**What to work on:**
Reply with every entry, repeated exactly as given.

**Source data:**
-- ===== src/Table/Laws.antt =====
-- What a query finds after each statement.
use mathlib.Core.Option
use dvk_claude.Common.{
  String, ◌≡◌, refl, none, some, List, [], ◌∷◌, ◌++◌, ◌==◌, eq_iff, eq_refl, is_some, arith,
  if◌then◌else◌,
}
use dvk_claude.Result.{ok}
use dvk_claude.Table.{find, update, insert, delete}

module _ {ℓ} {A : Type ℓ} (key : A → String) where
  pub key-find : (k : String) (rows : List A) (a : A) → find key k rows ≡ some a → key a ≡ k
  unfolding find
  key-find k [] a h = cc
  key-find k (r ∷ rows) a h = ground (arith, eq_iff (key r) k, key-find k rows a)

  pub find-update :
      (j k : String) (f : A → A) (rows : List A)
      → ((a : A) → key (f a) ≡ key a)
      → find key j (update key k f rows)
        ≡ (if k == j then Option.map f (find key j rows) else find key j rows)
  unfolding find update
  find-update j k f [] keeps = ground arith
  find-update j k f (r ∷ rows) keeps = ground (
    arith,
    keeps r,
    eq_iff (key r) k,
    eq_iff (key r) j,
    eq_iff k j,
    eq_refl j,
    find-update j k f rows keeps,
  )

  pub find-append :
      (j : String) (a : A) (rows : List A)
      → find key j (rows ++ a ∷ []) ≡ (
          if is_some (find key j rows)
          then find key j rows
          else if key a == j
          then some a
          else none)
  unfolding find
  find-append j a [] = refl
  find-append j a (r ∷ rows) = ground (arith, find-append j a rows)

  -- An insertion that is not refused adds its row and changes no other.
  pub find-insert :
      (j : String) (a : A) (rows new : List A)
      → insert key a rows ≡ ok new
      → find key j new ≡ (if key a == j then some a else find key j rows)
  unfolding insert
  find-insert j a rows new h = ground (arith, find-append j a rows, eq_iff (key a) j)

  pub find-delete :
      (j k : String) (rows : List A)
      → find key j (delete key k rows) ≡ (if k == j then none else find key j rows)
  unfolding find delete
  find-delete j k [] = ground arith
  find-delete j k (r ∷ rows) =
      ground (arith, find-delete j k rows, eq_iff (key r) k, eq_iff (key r) j, eq_iff k j)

**Response area:**
-- ===== src/Table/Laws.antt =====
-- What a query finds after each statement.
use mathlib.Core.Option
use dvk_claude.Common.{
  String, ◌≡◌, refl, none, some, List, [], ◌∷◌, ◌++◌, ◌==◌, eq_iff, eq_refl, is_some, arith,
  if◌then◌else◌,
}
use dvk_claude.Result.{ok}
use dvk_claude.Table.{find, update, insert, delete}

module _ {ℓ} {A : Type ℓ} (key : A → String) where
  pub key-find : (k : String) (rows : List A) (a : A) → find key k rows ≡ some a → key a ≡ k
  unfolding find
  key-find k [] a h = cc
  key-find k (r ∷ rows) a h = ground (arith, eq_iff (key r) k, key-find k rows a)

  pub find-update :
      (j k : String) (f : A → A) (rows : List A)
      → ((a : A) → key (f a) ≡ key a)
      → find key j (update key k f rows)
        ≡ (if k == j then Option.map f (find key j rows) else find key j rows)
  unfolding find update
  find-update j k f [] keeps = ground arith
  find-update j k f (r ∷ rows) keeps = ground (
    arith,
    keeps r,
    eq_iff (key r) k,
    eq_iff (key r) j,
    eq_iff k j,
    eq_refl j,
    find-update j k f rows keeps,
  )

  pub find-append :
      (j : String) (a : A) (rows : List A)
      → find key j (rows ++ a ∷ []) ≡ (
          if is_some (find key j rows)
          then find key j rows
          else if key a == j
          then some a
          else none)
  unfolding find
  find-append j a [] = refl
  find-append j a (r ∷ rows) = ground (arith, find-append j a rows)

  -- An insertion that is not refused adds its row and changes no other.
  pub find-insert :
      (j : String) (a : A) (rows new : List A)
      → insert key a rows ≡ ok new
      → find key j new ≡ (if key a == j then some a else find key j rows)
  unfolding insert
  find-insert j a rows new h = ground (arith, find-append j a rows, eq_iff (key a) j)

  pub find-delete :
      (j k : String) (rows : List A)
      → find key j (delete key k rows) ≡ (if k == j then none else find key j rows)
  unfolding find delete
  find-delete j k [] = ground arith
  find-delete j k (r ∷ rows) =
      ground (arith, find-delete j k rows, eq_iff (key r) k, eq_iff (key r) j, eq_iff k j)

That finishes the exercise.